EXERCISE INPUT section start
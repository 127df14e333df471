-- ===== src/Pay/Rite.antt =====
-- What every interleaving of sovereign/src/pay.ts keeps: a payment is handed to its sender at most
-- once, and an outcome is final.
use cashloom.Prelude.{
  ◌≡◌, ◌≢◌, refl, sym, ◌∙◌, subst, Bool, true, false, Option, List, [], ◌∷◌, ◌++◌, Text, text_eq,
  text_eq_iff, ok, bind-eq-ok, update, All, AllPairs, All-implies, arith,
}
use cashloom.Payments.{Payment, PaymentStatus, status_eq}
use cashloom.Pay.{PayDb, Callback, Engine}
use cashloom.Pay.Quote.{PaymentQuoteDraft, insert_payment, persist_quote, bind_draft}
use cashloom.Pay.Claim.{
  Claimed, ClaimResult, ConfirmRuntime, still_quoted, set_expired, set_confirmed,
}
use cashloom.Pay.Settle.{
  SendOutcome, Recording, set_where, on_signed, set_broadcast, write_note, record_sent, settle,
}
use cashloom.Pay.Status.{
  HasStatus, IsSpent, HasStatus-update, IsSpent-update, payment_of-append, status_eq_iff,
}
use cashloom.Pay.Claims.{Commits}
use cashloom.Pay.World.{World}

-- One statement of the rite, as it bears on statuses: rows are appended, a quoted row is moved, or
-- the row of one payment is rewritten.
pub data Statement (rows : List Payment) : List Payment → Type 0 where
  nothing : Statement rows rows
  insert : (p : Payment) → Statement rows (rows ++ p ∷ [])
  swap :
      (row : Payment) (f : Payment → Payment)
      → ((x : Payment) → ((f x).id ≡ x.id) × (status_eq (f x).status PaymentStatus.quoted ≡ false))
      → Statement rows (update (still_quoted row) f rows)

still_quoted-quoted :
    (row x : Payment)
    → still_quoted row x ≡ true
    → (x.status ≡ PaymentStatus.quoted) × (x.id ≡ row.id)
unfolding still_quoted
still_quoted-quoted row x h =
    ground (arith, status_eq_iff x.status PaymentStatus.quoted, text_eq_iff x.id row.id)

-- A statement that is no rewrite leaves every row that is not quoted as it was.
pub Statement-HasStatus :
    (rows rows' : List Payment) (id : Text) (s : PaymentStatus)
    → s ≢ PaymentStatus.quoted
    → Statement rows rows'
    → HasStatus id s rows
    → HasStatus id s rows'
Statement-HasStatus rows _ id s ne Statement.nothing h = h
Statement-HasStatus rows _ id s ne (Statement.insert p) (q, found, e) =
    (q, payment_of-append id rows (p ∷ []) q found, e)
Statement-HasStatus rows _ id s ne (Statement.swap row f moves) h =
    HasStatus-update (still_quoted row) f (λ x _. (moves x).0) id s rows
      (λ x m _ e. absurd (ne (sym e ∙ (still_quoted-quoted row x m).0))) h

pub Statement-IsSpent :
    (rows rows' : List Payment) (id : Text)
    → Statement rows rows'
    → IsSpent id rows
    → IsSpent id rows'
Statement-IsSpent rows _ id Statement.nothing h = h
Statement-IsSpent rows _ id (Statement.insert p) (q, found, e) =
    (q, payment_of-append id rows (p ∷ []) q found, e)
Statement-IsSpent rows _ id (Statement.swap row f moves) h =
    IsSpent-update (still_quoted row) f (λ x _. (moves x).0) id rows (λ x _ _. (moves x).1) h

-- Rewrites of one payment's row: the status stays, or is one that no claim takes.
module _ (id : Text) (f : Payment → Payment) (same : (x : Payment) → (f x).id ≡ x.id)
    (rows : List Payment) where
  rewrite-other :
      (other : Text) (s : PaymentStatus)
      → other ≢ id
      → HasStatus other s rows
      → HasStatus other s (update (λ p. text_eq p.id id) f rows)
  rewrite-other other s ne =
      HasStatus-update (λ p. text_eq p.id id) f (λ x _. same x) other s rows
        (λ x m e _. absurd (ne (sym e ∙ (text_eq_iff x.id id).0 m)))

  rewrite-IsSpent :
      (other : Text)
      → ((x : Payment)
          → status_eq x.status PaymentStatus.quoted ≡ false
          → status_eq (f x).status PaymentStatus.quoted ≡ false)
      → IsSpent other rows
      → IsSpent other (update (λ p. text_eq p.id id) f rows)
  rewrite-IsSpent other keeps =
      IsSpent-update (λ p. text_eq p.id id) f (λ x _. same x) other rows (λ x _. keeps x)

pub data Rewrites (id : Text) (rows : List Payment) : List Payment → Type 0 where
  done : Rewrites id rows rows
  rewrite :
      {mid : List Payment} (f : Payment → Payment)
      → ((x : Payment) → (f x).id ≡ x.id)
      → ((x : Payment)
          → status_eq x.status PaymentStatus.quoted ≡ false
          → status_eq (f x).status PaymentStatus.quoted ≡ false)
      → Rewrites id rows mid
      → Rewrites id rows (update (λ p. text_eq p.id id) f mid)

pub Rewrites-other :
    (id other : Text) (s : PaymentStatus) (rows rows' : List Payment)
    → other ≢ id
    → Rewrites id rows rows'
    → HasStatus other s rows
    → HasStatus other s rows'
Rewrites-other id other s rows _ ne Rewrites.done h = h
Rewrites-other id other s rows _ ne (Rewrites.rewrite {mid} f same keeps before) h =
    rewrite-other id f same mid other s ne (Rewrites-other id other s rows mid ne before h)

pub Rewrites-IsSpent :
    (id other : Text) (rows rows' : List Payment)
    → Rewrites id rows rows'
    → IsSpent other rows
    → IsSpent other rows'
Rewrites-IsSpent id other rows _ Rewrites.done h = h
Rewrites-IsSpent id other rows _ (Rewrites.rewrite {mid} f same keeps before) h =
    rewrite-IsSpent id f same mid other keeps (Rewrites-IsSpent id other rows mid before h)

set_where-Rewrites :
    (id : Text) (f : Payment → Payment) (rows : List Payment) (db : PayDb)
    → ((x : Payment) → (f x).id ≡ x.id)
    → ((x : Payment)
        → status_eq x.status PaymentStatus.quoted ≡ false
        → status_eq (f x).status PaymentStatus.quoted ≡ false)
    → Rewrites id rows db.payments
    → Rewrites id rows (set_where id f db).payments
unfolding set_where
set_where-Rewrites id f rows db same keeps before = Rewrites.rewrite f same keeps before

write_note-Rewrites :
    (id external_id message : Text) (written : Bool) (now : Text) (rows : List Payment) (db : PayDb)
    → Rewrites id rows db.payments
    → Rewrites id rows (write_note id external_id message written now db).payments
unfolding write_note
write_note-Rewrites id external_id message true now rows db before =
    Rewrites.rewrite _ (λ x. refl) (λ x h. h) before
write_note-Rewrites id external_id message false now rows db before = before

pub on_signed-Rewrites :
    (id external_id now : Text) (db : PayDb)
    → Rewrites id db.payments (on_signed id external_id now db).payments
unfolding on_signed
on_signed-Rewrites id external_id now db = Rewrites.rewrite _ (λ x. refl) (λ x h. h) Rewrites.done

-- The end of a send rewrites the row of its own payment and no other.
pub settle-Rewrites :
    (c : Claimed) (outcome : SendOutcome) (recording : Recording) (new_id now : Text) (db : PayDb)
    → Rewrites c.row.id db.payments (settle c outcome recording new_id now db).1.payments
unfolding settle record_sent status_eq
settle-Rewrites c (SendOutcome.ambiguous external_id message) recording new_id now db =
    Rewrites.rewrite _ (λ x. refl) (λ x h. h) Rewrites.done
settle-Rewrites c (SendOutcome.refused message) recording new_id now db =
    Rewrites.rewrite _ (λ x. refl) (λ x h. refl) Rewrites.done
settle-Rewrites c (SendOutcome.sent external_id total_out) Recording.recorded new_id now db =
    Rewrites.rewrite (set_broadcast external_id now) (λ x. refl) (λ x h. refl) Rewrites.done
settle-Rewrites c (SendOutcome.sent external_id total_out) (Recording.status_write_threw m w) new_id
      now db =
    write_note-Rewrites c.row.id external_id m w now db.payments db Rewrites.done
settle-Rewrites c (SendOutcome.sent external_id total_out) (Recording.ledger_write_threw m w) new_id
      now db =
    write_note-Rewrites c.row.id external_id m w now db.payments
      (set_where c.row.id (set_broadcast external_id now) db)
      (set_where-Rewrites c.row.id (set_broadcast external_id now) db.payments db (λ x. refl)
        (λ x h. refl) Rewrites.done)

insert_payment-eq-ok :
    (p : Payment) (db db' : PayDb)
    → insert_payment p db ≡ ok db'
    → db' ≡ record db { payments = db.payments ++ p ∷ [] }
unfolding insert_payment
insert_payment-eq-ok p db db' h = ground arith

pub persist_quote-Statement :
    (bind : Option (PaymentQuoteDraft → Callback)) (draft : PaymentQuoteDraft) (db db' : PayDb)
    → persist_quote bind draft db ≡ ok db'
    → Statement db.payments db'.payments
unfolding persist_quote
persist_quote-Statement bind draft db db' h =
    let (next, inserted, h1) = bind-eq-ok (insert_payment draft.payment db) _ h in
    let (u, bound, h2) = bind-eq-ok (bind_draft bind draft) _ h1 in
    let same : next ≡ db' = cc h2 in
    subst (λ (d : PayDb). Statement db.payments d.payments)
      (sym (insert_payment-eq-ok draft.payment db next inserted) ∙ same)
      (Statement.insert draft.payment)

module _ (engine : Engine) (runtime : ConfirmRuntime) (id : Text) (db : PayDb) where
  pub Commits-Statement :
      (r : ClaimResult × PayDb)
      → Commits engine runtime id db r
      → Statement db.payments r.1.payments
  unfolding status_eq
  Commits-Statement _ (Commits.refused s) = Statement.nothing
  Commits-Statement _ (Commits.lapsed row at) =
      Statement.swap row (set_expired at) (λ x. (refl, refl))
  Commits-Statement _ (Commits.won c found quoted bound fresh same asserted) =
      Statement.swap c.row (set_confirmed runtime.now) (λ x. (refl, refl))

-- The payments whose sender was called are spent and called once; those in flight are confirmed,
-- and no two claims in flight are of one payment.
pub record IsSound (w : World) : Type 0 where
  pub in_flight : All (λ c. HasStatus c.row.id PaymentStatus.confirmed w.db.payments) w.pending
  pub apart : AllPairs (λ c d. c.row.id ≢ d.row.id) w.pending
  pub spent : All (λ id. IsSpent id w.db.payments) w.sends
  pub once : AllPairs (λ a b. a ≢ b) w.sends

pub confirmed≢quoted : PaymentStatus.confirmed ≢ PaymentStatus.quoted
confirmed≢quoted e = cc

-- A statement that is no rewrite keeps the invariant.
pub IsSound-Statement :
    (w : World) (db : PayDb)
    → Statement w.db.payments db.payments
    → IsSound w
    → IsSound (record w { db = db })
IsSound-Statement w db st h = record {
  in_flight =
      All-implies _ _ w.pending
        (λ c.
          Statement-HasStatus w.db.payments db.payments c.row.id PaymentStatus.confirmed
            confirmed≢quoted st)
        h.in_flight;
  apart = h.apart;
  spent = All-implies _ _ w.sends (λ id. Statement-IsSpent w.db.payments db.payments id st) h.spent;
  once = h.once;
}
EXERCISE INPUT section end
* **BRIEF**: Among the entries above, copy exactly only the lines starting with the one containing "Commits-Statement _ (Commits.won" and going through the one containing "pub record IsSound (w : World) : Type 0 where", both ends included.

* **REPLY**:
  Commits-Statement _ (Commits.won c found quoted bound fresh same asserted) =
      Statement.swap c.row (set_confirmed runtime.now) (λ x. (refl, refl))

-- The payments whose sender was called are spent and called once; those in flight are confirmed,
-- and no two claims in flight are of one payment.
pub record IsSound (w : World) : Type 0 where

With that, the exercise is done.